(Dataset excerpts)
»»

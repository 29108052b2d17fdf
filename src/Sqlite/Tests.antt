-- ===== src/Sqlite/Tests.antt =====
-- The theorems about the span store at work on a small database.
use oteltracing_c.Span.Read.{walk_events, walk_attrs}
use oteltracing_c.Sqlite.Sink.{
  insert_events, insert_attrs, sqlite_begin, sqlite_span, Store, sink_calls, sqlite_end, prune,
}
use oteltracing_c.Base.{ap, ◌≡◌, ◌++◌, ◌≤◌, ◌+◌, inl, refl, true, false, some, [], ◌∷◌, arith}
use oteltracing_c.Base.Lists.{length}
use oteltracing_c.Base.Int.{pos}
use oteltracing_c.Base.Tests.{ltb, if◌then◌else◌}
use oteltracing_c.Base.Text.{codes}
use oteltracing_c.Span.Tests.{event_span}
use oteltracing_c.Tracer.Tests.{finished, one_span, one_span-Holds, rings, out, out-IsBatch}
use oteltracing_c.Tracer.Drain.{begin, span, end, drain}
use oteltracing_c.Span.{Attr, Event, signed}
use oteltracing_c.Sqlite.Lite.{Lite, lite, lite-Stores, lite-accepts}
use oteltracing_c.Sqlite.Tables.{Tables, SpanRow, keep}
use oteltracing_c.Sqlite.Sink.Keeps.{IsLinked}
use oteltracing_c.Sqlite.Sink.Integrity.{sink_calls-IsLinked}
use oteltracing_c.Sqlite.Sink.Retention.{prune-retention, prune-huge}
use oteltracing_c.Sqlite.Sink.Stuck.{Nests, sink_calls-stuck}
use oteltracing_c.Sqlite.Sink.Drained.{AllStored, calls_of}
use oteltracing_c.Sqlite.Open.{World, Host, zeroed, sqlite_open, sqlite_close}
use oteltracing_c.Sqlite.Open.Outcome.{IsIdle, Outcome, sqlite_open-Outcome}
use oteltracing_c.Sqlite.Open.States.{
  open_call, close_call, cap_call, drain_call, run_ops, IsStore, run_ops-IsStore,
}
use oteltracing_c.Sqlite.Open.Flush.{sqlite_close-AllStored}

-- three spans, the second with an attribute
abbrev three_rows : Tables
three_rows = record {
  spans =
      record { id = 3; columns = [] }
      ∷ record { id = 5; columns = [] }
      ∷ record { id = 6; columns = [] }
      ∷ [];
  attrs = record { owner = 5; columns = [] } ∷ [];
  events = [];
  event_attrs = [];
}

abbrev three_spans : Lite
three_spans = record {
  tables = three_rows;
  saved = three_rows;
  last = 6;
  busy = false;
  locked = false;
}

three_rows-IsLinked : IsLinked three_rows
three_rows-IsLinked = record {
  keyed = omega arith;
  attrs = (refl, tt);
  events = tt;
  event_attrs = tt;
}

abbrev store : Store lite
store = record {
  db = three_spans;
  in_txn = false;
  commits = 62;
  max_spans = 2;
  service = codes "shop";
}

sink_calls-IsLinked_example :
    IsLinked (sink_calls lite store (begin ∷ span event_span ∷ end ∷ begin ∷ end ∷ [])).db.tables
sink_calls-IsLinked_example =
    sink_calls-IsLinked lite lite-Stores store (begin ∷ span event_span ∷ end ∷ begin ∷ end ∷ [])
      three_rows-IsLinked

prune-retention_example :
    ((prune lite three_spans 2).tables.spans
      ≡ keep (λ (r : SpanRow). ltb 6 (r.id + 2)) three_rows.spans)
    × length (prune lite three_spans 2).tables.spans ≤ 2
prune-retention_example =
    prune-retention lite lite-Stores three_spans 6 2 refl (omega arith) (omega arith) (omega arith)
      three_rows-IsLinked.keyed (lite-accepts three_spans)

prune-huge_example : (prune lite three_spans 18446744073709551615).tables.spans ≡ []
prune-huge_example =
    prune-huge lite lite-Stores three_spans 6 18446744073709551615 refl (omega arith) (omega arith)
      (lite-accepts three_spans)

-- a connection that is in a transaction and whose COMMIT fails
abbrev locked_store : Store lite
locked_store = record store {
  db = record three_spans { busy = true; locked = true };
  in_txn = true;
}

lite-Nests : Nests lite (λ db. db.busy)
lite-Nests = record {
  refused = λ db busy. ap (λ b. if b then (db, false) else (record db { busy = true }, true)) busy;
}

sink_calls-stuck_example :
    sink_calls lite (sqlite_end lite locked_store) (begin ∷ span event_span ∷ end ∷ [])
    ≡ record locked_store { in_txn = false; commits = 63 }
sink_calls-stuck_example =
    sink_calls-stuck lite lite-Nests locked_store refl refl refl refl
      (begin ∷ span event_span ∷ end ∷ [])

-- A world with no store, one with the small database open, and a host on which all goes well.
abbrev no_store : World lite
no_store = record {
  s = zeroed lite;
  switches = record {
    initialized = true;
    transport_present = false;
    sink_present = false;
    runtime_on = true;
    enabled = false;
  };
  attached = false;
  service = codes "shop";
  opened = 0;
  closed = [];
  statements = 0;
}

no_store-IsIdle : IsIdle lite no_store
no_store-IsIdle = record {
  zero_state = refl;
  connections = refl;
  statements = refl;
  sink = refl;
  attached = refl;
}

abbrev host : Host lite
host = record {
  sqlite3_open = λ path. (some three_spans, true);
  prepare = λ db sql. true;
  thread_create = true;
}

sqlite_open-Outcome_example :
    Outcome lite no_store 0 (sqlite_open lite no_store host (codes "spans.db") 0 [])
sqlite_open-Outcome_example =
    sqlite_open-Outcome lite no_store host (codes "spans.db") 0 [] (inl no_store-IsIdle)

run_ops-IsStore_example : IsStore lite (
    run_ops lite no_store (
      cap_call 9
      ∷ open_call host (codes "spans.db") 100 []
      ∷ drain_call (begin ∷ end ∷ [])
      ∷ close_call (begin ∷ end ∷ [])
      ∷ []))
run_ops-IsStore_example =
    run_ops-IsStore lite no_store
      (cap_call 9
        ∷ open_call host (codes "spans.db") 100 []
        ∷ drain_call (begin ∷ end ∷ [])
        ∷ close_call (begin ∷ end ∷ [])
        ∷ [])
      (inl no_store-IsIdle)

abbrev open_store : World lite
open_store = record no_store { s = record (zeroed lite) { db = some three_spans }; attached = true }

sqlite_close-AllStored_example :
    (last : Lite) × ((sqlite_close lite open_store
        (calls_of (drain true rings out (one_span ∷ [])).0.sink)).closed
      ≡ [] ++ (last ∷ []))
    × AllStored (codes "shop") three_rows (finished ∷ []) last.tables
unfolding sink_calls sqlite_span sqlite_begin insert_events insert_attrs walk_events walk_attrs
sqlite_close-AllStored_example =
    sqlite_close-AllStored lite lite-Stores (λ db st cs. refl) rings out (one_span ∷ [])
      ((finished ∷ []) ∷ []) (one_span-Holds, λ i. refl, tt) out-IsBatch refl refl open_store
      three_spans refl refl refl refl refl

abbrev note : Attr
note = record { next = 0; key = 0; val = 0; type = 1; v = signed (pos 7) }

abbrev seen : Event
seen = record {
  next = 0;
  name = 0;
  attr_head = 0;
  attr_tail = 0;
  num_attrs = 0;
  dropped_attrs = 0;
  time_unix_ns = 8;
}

««

*Exercise brief*
Please give the entries above again in full, exactly as written.

*Answer box*
repository 29108052b2d17fdf
filename src/Sqlite/Tests.antt
-- ===== src/Sqlite/Tests.antt =====
-- The theorems about the span store at work on a small database.
use oteltracing_c.Span.Read.{walk_events, walk_attrs}
use oteltracing_c.Sqlite.Sink.{
  insert_events, insert_attrs, sqlite_begin, sqlite_span, Store, sink_calls, sqlite_end, prune,
}
use oteltracing_c.Base.{ap, ◌≡◌, ◌++◌, ◌≤◌, ◌+◌, inl, refl, true, false, some, [], ◌∷◌, arith}
use oteltracing_c.Base.Lists.{length}
use oteltracing_c.Base.Int.{pos}
use oteltracing_c.Base.Tests.{ltb, if◌then◌else◌}
use oteltracing_c.Base.Text.{codes}
use oteltracing_c.Span.Tests.{event_span}
use oteltracing_c.Tracer.Tests.{finished, one_span, one_span-Holds, rings, out, out-IsBatch}
use oteltracing_c.Tracer.Drain.{begin, span, end, drain}
use oteltracing_c.Span.{Attr, Event, signed}
use oteltracing_c.Sqlite.Lite.{Lite, lite, lite-Stores, lite-accepts}
use oteltracing_c.Sqlite.Tables.{Tables, SpanRow, keep}
use oteltracing_c.Sqlite.Sink.Keeps.{IsLinked}
use oteltracing_c.Sqlite.Sink.Integrity.{sink_calls-IsLinked}
use oteltracing_c.Sqlite.Sink.Retention.{prune-retention, prune-huge}
use oteltracing_c.Sqlite.Sink.Stuck.{Nests, sink_calls-stuck}
use oteltracing_c.Sqlite.Sink.Drained.{AllStored, calls_of}
use oteltracing_c.Sqlite.Open.{World, Host, zeroed, sqlite_open, sqlite_close}
use oteltracing_c.Sqlite.Open.Outcome.{IsIdle, Outcome, sqlite_open-Outcome}
use oteltracing_c.Sqlite.Open.States.{
  open_call, close_call, cap_call, drain_call, run_ops, IsStore, run_ops-IsStore,
}
use oteltracing_c.Sqlite.Open.Flush.{sqlite_close-AllStored}

-- three spans, the second with an attribute
abbrev three_rows : Tables
three_rows = record {
  spans =
      record { id = 3; columns = [] }
      ∷ record { id = 5; columns = [] }
      ∷ record { id = 6; columns = [] }
      ∷ [];
  attrs = record { owner = 5; columns = [] } ∷ [];
  events = [];
  event_attrs = [];
}

abbrev three_spans : Lite
three_spans = record {
  tables = three_rows;
  saved = three_rows;
  last = 6;
  busy = false;
  locked = false;
}

three_rows-IsLinked : IsLinked three_rows
three_rows-IsLinked = record {
  keyed = omega arith;
  attrs = (refl, tt);
  events = tt;
  event_attrs = tt;
}

abbrev store : Store lite
store = record {
  db = three_spans;
  in_txn = false;
  commits = 62;
  max_spans = 2;
  service = codes "shop";
}

sink_calls-IsLinked_example :
    IsLinked (sink_calls lite store (begin ∷ span event_span ∷ end ∷ begin ∷ end ∷ [])).db.tables
sink_calls-IsLinked_example =
    sink_calls-IsLinked lite lite-Stores store (begin ∷ span event_span ∷ end ∷ begin ∷ end ∷ [])
      three_rows-IsLinked

prune-retention_example :
    ((prune lite three_spans 2).tables.spans
      ≡ keep (λ (r : SpanRow). ltb 6 (r.id + 2)) three_rows.spans)
    × length (prune lite three_spans 2).tables.spans ≤ 2
prune-retention_example =
    prune-retention lite lite-Stores three_spans 6 2 refl (omega arith) (omega arith) (omega arith)
      three_rows-IsLinked.keyed (lite-accepts three_spans)

prune-huge_example : (prune lite three_spans 18446744073709551615).tables.spans ≡ []
prune-huge_example =
    prune-huge lite lite-Stores three_spans 6 18446744073709551615 refl (omega arith) (omega arith)
      (lite-accepts three_spans)

-- a connection that is in a transaction and whose COMMIT fails
abbrev locked_store : Store lite
locked_store = record store {
  db = record three_spans { busy = true; locked = true };
  in_txn = true;
}

lite-Nests : Nests lite (λ db. db.busy)
lite-Nests = record {
  refused = λ db busy. ap (λ b. if b then (db, false) else (record db { busy = true }, true)) busy;
}

sink_calls-stuck_example :
    sink_calls lite (sqlite_end lite locked_store) (begin ∷ span event_span ∷ end ∷ [])
    ≡ record locked_store { in_txn = false; commits = 63 }
sink_calls-stuck_example =
    sink_calls-stuck lite lite-Nests locked_store refl refl refl refl
      (begin ∷ span event_span ∷ end ∷ [])

-- A world with no store, one with the small database open, and a host on which all goes well.
abbrev no_store : World lite
no_store = record {
  s = zeroed lite;
  switches = record {
    initialized = true;
    transport_present = false;
    sink_present = false;
    runtime_on = true;
    enabled = false;
  };
  attached = false;
  service = codes "shop";
  opened = 0;
  closed = [];
  statements = 0;
}

no_store-IsIdle : IsIdle lite no_store
no_store-IsIdle = record {
  zero_state = refl;
  connections = refl;
  statements = refl;
  sink = refl;
  attached = refl;
}

abbrev host : Host lite
host = record {
  sqlite3_open = λ path. (some three_spans, true);
  prepare = λ db sql. true;
  thread_create = true;
}

sqlite_open-Outcome_example :
    Outcome lite no_store 0 (sqlite_open lite no_store host (codes "spans.db") 0 [])
sqlite_open-Outcome_example =
    sqlite_open-Outcome lite no_store host (codes "spans.db") 0 [] (inl no_store-IsIdle)

run_ops-IsStore_example : IsStore lite (
    run_ops lite no_store (
      cap_call 9
      ∷ open_call host (codes "spans.db") 100 []
      ∷ drain_call (begin ∷ end ∷ [])
      ∷ close_call (begin ∷ end ∷ [])
      ∷ []))
run_ops-IsStore_example =
    run_ops-IsStore lite no_store
      (cap_call 9
        ∷ open_call host (codes "spans.db") 100 []
        ∷ drain_call (begin ∷ end ∷ [])
        ∷ close_call (begin ∷ end ∷ [])
        ∷ [])
      (inl no_store-IsIdle)

abbrev open_store : World lite
open_store = record no_store { s = record (zeroed lite) { db = some three_spans }; attached = true }

sqlite_close-AllStored_example :
    (last : Lite) × ((sqlite_close lite open_store
        (calls_of (drain true rings out (one_span ∷ [])).0.sink)).closed
      ≡ [] ++ (last ∷ []))
    × AllStored (codes "shop") three_rows (finished ∷ []) last.tables
unfolding sink_calls sqlite_span sqlite_begin insert_events insert_attrs walk_events walk_attrs
sqlite_close-AllStored_example =
    sqlite_close-AllStored lite lite-Stores (λ db st cs. refl) rings out (one_span ∷ [])
      ((finished ∷ []) ∷ []) (one_span-Holds, λ i. refl, tt) out-IsBatch refl refl open_store
      three_spans refl refl refl refl refl

abbrev note : Attr
note = record { next = 0; key = 0; val = 0; type = 1; v = signed (pos 7) }

abbrev seen : Event
seen = record {
  next = 0;
  name = 0;
  attr_head = 0;
  attr_tail = 0;
  num_attrs = 0;
  dropped_attrs = 0;
  time_unix_ns = 8;
}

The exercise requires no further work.